## Task to complete
Take the entries below and print, exactly, the stretch from the line containing "filename src/Utils/Paths.antt" through the line containing "unfoldable pub extract_file_path", both included.

[Opening Listed entries section]

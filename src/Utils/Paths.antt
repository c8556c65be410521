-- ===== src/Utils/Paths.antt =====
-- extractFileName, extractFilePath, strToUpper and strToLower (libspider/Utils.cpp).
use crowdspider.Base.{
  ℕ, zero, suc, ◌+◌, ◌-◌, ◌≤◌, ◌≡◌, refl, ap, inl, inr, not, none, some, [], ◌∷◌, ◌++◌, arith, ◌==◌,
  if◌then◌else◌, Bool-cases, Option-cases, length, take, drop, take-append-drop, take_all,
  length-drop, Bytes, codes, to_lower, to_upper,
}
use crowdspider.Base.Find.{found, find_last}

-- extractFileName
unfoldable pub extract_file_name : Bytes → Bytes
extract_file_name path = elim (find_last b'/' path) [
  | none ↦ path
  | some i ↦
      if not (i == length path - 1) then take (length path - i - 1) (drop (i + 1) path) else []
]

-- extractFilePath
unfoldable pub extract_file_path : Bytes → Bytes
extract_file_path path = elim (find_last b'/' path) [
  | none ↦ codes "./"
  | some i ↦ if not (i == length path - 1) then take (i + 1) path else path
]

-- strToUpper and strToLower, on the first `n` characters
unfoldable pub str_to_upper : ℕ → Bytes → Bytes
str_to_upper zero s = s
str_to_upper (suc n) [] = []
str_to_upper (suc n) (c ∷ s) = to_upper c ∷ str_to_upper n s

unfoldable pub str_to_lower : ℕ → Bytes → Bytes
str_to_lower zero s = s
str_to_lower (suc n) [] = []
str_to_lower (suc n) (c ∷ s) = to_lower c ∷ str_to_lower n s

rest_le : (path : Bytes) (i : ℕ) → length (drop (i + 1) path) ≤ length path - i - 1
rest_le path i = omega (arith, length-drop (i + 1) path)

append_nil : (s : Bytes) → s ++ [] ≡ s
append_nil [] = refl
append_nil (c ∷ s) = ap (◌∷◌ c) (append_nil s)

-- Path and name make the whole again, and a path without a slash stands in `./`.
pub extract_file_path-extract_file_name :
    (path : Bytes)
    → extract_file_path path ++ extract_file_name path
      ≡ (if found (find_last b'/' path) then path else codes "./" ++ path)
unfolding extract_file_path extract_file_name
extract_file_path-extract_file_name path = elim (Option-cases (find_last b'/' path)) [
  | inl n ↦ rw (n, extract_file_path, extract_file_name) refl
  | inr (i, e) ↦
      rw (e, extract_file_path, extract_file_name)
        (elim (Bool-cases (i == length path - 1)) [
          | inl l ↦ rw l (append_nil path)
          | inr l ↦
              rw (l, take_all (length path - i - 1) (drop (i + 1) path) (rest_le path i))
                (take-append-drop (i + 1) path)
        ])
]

[Closing Listed entries section]
[Opening Listed entries section]

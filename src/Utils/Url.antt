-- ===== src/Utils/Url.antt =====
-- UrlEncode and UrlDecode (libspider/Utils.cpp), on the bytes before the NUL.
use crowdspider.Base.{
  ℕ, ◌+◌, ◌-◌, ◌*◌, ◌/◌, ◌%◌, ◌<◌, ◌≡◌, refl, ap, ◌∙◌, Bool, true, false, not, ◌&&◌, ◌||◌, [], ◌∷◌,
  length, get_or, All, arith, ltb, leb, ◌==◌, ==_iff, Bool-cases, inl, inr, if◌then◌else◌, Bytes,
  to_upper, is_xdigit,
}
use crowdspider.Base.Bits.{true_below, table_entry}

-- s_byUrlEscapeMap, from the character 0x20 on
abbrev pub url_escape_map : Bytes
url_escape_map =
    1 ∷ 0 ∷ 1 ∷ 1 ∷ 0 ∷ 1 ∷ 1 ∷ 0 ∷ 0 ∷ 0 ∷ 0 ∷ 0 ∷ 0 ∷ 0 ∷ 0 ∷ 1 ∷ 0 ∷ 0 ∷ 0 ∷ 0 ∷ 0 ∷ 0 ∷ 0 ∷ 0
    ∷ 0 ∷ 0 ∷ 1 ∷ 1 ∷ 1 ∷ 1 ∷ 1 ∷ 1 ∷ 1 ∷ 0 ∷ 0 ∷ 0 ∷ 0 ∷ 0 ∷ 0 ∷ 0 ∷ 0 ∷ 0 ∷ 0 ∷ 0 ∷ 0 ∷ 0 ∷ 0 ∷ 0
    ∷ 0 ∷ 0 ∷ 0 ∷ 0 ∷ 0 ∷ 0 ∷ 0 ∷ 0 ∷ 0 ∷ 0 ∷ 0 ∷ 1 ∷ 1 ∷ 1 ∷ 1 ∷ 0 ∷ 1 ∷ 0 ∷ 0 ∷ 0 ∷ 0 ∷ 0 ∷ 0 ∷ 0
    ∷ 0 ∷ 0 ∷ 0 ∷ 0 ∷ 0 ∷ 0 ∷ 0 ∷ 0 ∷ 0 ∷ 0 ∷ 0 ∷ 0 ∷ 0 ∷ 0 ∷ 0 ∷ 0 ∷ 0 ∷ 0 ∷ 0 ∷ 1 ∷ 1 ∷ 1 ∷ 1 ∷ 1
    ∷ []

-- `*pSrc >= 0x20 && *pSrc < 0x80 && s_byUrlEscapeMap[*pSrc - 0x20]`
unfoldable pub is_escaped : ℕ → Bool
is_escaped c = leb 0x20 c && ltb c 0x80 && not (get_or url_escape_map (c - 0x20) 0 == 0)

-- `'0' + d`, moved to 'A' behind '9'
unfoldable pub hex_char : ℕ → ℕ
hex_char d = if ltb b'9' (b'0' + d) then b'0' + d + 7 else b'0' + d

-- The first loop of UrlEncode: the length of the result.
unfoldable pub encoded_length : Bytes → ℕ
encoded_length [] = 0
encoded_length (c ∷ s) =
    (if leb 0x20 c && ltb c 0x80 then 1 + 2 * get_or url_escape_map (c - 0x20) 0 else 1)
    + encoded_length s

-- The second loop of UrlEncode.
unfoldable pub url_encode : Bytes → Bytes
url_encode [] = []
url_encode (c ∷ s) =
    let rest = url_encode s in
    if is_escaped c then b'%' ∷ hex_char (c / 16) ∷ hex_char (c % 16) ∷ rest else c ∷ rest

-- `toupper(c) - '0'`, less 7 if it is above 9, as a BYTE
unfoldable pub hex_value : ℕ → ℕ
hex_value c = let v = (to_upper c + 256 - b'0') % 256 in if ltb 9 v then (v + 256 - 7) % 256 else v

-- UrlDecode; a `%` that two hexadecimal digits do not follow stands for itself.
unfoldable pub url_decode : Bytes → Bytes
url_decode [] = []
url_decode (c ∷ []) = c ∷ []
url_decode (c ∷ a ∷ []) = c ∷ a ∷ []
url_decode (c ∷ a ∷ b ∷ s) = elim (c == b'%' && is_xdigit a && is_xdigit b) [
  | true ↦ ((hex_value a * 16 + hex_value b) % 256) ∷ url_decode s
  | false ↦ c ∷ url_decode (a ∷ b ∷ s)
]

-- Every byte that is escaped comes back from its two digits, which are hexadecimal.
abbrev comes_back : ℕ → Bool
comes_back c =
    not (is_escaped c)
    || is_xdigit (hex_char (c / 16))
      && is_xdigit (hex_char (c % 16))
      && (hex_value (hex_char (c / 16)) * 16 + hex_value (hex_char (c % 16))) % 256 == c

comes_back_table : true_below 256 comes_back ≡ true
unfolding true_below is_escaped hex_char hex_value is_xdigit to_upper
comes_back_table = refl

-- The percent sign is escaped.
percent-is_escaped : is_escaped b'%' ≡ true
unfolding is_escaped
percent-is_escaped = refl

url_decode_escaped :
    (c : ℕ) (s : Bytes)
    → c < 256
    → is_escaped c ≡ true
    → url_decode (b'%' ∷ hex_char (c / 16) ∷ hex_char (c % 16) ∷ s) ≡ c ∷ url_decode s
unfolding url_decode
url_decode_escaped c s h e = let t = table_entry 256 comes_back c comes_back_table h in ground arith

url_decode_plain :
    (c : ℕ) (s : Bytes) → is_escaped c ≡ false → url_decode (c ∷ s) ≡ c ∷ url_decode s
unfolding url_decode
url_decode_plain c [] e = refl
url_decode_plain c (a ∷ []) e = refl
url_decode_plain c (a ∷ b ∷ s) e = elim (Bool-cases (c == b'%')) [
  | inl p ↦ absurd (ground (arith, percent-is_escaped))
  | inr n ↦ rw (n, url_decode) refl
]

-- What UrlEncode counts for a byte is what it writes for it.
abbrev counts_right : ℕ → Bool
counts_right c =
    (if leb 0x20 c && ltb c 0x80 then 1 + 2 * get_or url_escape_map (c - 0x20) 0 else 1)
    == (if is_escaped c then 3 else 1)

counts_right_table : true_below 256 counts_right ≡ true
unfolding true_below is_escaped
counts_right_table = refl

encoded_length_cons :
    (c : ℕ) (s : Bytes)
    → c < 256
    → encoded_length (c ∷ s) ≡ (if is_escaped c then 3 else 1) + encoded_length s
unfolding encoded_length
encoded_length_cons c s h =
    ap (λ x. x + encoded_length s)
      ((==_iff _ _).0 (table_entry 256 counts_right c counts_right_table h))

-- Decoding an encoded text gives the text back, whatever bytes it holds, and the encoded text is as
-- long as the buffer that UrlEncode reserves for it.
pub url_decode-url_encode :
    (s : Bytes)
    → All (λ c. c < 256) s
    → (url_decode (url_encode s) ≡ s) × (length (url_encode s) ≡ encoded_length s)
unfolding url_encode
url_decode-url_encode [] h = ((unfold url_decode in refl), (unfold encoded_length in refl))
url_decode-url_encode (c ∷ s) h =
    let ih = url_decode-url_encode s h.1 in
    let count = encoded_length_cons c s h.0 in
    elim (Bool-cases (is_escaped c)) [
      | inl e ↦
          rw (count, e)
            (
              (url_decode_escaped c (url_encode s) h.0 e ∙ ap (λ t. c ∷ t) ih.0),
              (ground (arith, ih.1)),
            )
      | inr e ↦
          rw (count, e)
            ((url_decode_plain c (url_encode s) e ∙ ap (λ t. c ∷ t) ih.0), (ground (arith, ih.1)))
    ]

[Closing Listed entries section]

## Answer box
filename src/Utils/Paths.antt
repository c8556c65be410521
-- ===== src/Utils/Paths.antt =====
-- extractFileName, extractFilePath, strToUpper and strToLower (libspider/Utils.cpp).
use crowdspider.Base.{
  ℕ, zero, suc, ◌+◌, ◌-◌, ◌≤◌, ◌≡◌, refl, ap, inl, inr, not, none, some, [], ◌∷◌, ◌++◌, arith, ◌==◌,
  if◌then◌else◌, Bool-cases, Option-cases, length, take, drop, take-append-drop, take_all,
  length-drop, Bytes, codes, to_lower, to_upper,
}
use crowdspider.Base.Find.{found, find_last}

-- extractFileName
unfoldable pub extract_file_name : Bytes → Bytes
extract_file_name path = elim (find_last b'/' path) [
  | none ↦ path
  | some i ↦
      if not (i == length path - 1) then take (length path - i - 1) (drop (i + 1) path) else []
]

-- extractFilePath
unfoldable pub extract_file_path : Bytes → Bytes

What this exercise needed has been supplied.